Il sammarinese Girolamo Gozi racconta così la vicenda in una lettera al figlio: “Domenica mattina fece il Sig. Card. Alberoni Capella, ed all’Evangelio volle ricercare il Giuramento di fedeltà al Papa. Il Capitano Angeli lo diede; il Giangi giurò fedeltà a S. Marino, così fece Onofri, così feci io, così Martelli, il Giangi del Borgo, e così facevano tutti, se S. E. avesse permesso che tutti lo dessero”.

Un fatto è certo: la situazione, al momento del giuramento, dentro la chiesa, è degenerata. La cerimonia doveva fornire il suggello della legittimità dell’intera operazione, attraverso la dimostrazione pubblica della spontaneità della dedizione della Repubblica alla Santa Sede. L’Alberoni l’aveva organizzata personalmente, curata fin nei minimi particolari, unitamente ai suoi migliori collaboratori di Ravenna e di Rimini, e col massimo impegno. Altrettanto impegno hanno messo i sammarinesi per farla fallire: non essendo riusciti a boicottarla nei giorni precedenti per il pronto intervento poliziesco del cardinale, non rimaneva a loro che giocare la carta della contestazione durante la cerimonia stessa, forti del fatto che erano riusciti a far nominare un Consiglio nella stragrande maggioranza antialberoniano.
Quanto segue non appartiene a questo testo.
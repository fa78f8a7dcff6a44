-- ===== src/Validator/Marks.antt =====
-- Tones and modifiers of a buffer that is not found `Invalid`.
use nexus_key.Base.{
  subst, ℕ, zero, suc, ◌≡◌, ◌≢◌, refl, ap, ◌∙◌, inl, inr, Bool, true, false, ◌||◌, none, some, List,
  [], ◌∷◌, Bool-cases, Option-cases, arith,
}
use nexus_key.State.{CharState, is_vowel, is_vowel_base, has_modifier, has_tone, at}
use nexus_key.Validator.Decomposition.{invalid}
use nexus_key.Validator.Syllable.{
  Marks, scan_marks, check_tone_mod_invariant, validate_syllable_state,
}

-- The state at `i` is a vowel with a tone; with a modifier.
abbrev pub IsTonedVowel : List CharState → ℕ → Type 0
IsTonedVowel states i = (is_vowel (at states i) ≡ true) × (has_tone (at states i) ≡ true)

abbrev pub IsModifiedVowel : List CharState → ℕ → Type 0
IsModifiedVowel states i = (is_vowel (at states i) ≡ true) × (has_modifier (at states i) ≡ true)

abbrev seen : Marks → CharState → Marks
seen m s = record m { any_mod = m.any_mod || has_modifier s }

-- What a scan that ends leaves, for the marks `m` that it begins with and `m'` that it ends with.
record Scanned (m m' : Marks) (states : List CharState) : Type 0 where
  kept : (t : CharState) → m.toned ≡ some t → m'.toned ≡ some t
  full : (t : CharState) → m.toned ≡ some t → (i : ℕ) → IsTonedVowel states i → ⊥
  found : (i : ℕ) → IsTonedVowel states i → m'.toned ≡ some (at states i)
  unique : (i j : ℕ) → IsTonedVowel states i → IsTonedVowel states j → i ≡ j
  kept_mod : m.any_mod ≡ true → m'.any_mod ≡ true
  mods : (i : ℕ) → IsModifiedVowel states i → m'.any_mod ≡ true

not-IsTonedVowel-nil : (i : ℕ) → IsTonedVowel [] i → ⊥
unfolding at is_vowel is_vowel_base
not-IsTonedVowel-nil i v = cc (v.0)

Scanned-nil : (m : Marks) → Scanned m m []
unfolding at is_vowel is_vowel_base
Scanned-nil m = record {
  kept = λ t e. e;
  full = λ t e i v. not-IsTonedVowel-nil i v;
  found = λ i v. absurd (not-IsTonedVowel-nil i v);
  unique = λ i j v w. absurd (not-IsTonedVowel-nil i v);
  kept_mod = λ h. h;
  mods = λ i v. cc (v.0);
}

module _ (m m' : Marks) (s : CharState) (states : List CharState) where
  -- A state that is no toned vowel, after which the marks are `k`.
  Scanned-untoned :
      (k : Marks)
      → k.toned ≡ m.toned
      → (m.any_mod ≡ true → k.any_mod ≡ true)
      → (IsModifiedVowel (s ∷ states) 0 → k.any_mod ≡ true)
      → (IsTonedVowel (s ∷ states) 0 → ⊥)
      → Scanned k m' states
      → Scanned m m' (s ∷ states)
  unfolding at
  Scanned-untoned k e a b n r = record {
    kept = λ t h. r.kept t (e ∙ h);
    full = λ t h. elim [ zero ↦ n | suc i ↦ r.full t (e ∙ h) i ];
    found = elim [ zero ↦ λ v. absurd (n v) | suc i ↦ r.found i ];
    unique = elim [
      | zero ↦ λ j v w. absurd (n v)
      | suc i ↦ elim [ zero ↦ λ v w. absurd (n w) | suc j ↦ λ v w. ap suc (r.unique i j v w) ]
    ];
    kept_mod = λ h. r.kept_mod (a h);
    mods = elim [ zero ↦ λ v. r.kept_mod (b v) | suc i ↦ r.mods i ];
  }

  -- The first toned vowel.
  Scanned-first :
      (k : Marks)
      → m.toned ≡ none
      → k.toned ≡ some s
      → (m.any_mod ≡ true → k.any_mod ≡ true)
      → (IsModifiedVowel (s ∷ states) 0 → k.any_mod ≡ true)
      → Scanned k m' states
      → Scanned m m' (s ∷ states)
  unfolding at
  Scanned-first k o e a b r = record {
    kept = λ t h. ground arith;
    full = λ t h. ground arith;
    found = elim [ zero ↦ λ v. r.kept s e | suc i ↦ λ v. absurd (r.full s e i v) ];
    unique = elim [
      | zero ↦ elim [ zero ↦ λ v w. refl | suc j ↦ λ v w. absurd (r.full s e j w) ]
      | suc i ↦ λ j v w. absurd (r.full s e i v)
    ];
    kept_mod = λ h. r.kept_mod (a h);
    mods = elim [ zero ↦ λ v. r.kept_mod (b v) | suc i ↦ r.mods i ];
  }

scan_marks-Scanned :
    (m m' : Marks) (states : List CharState) → scan_marks m states ≡ some m' → Scanned m m' states
unfolding scan_marks at
scan_marks-Scanned m m' [] h =
    let e : m ≡ m' = ground arith in subst (λ k. Scanned m k []) e (Scanned-nil m)
scan_marks-Scanned m m' (s ∷ states) h = elim (Bool-cases (is_vowel s)) [
  | inr c ↦
      Scanned-untoned m m' s states m refl (λ a. a) (λ v. ground arith) (λ v. ground arith)
        (scan_marks-Scanned m m' states (ground arith))
  | inl v ↦ elim (Bool-cases (has_tone s)) [
    | inr u ↦
        Scanned-untoned m m' s states (seen m s) refl (λ a. ground arith) (λ v. ground arith)
          (λ w. ground arith) (scan_marks-Scanned (seen m s) m' states (ground arith))
    | inl t ↦ elim (Option-cases m.toned) [
      | inr (x, o) ↦ absurd (ground arith)
      | inl o ↦
          Scanned-first m m' s states (record (seen m s) { toned = some s }) o refl
            (λ a. ground arith) (λ v. ground arith)
            (scan_marks-Scanned (record (seen m s) { toned = some s }) m' states (ground arith))
    ]
  ]
]

check_tone_mod_invariant-true :
    (states : List CharState)
    → check_tone_mod_invariant states ≡ true
    → (m : Marks) × Scanned (record { any_mod = false; toned = none }) m states
      × ((t : CharState) → m.toned ≡ some t → m.any_mod ≡ true → has_modifier t ≡ true)
unfolding check_tone_mod_invariant
check_tone_mod_invariant-true states h =
    elim (Option-cases (scan_marks (record { any_mod = false; toned = none }) states)) [
      | inl n ↦ absurd (ground arith)
      | inr (m, e) ↦ (m, scan_marks-Scanned _ m states e, λ t o a. ground arith)
    ]

validate_syllable_state-marks :
    (states : List CharState) (zwjf : Bool)
    → validate_syllable_state states zwjf ≢ invalid
    → ((i j : ℕ) → IsTonedVowel states i → IsTonedVowel states j → i ≡ j)
      × ((i j : ℕ)
          → IsTonedVowel states i
          → IsModifiedVowel states j
          → has_modifier (at states i) ≡ true)
unfolding validate_syllable_state
validate_syllable_state-marks states zwjf h =
    let c : check_tone_mod_invariant states ≡ true = ground arith in
    let (m, r, k) = check_tone_mod_invariant-true states c in
    (r.unique, λ i j v w. k (at states i) (r.found i v) (r.mods j w))

-- A buffer that is not found `Invalid` has at most one toned vowel: any two toned vowels stand at the
-- same position.
pub validate_syllable_state-one_tone :
    (states : List CharState) (zwjf : Bool) (i j : ℕ)
    → validate_syllable_state states zwjf ≢ invalid
    → IsTonedVowel states i
    → IsTonedVowel states j
    → i ≡ j
validate_syllable_state-one_tone states zwjf i j h =
    (validate_syllable_state-marks states zwjf h).0 i j

-- If a vowel of a buffer that is not found `Invalid` has a modifier, then a toned vowel of the buffer
-- has one.
pub validate_syllable_state-marked_tone :
    (states : List CharState) (zwjf : Bool) (i j : ℕ)
    → validate_syllable_state states zwjf ≢ invalid
    → IsTonedVowel states i
    → IsModifiedVowel states j
    → has_modifier (at states i) ≡ true
validate_syllable_state-marked_tone states zwjf i j h =
    (validate_syllable_state-marks states zwjf h).1 i j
E l’hanno giocata con abilità e tempismo. L’efficacia è indubbia. La presenza di tanti autorevoli forestieri fornisce al loro gesto una cassa di risonanza che ne spingerà l’eco fino a Roma e di lì in tutto il mondo.

 

I “Protestanti”

Non sappiamo quanti dei 60 Consiglieri fossero realmente presenti quella mattina in pieve. Si hanno i nomi solo della decina che hanno avuto modo di esprimersi. I “quattro notai estranei a San Marino” sono tanto provvidi nel descrivere un comune ‘Pontificale’, quanto parchi sul resto ed in particolare sul giuramento. Ma i narratori di quella fase della cerimonia non mancheranno, spunteranno come funghi, esploderanno in numero e fantasia nei giorni immediatamente successivi, nei restanti mesi di quell’anno e negli anni a venire per tutto quel secolo ed negli altri due secoli, fino ai giorni nostri. Eppure ricostruire lo svolgersi dei fatti è difficile come quando c’è scarsità di fonti.

Il primo in assoluto dei consiglieri ad essere chiamato a giurare fedeltà alla Santa Sede è Gian Giacomo Angeli, ex Capitano, ora consigliere del primo ordine, nominato Gonfaloniere. L’Angeli, zio del Lolli, giurò fedeltà alla Santa Sede senza esitazione.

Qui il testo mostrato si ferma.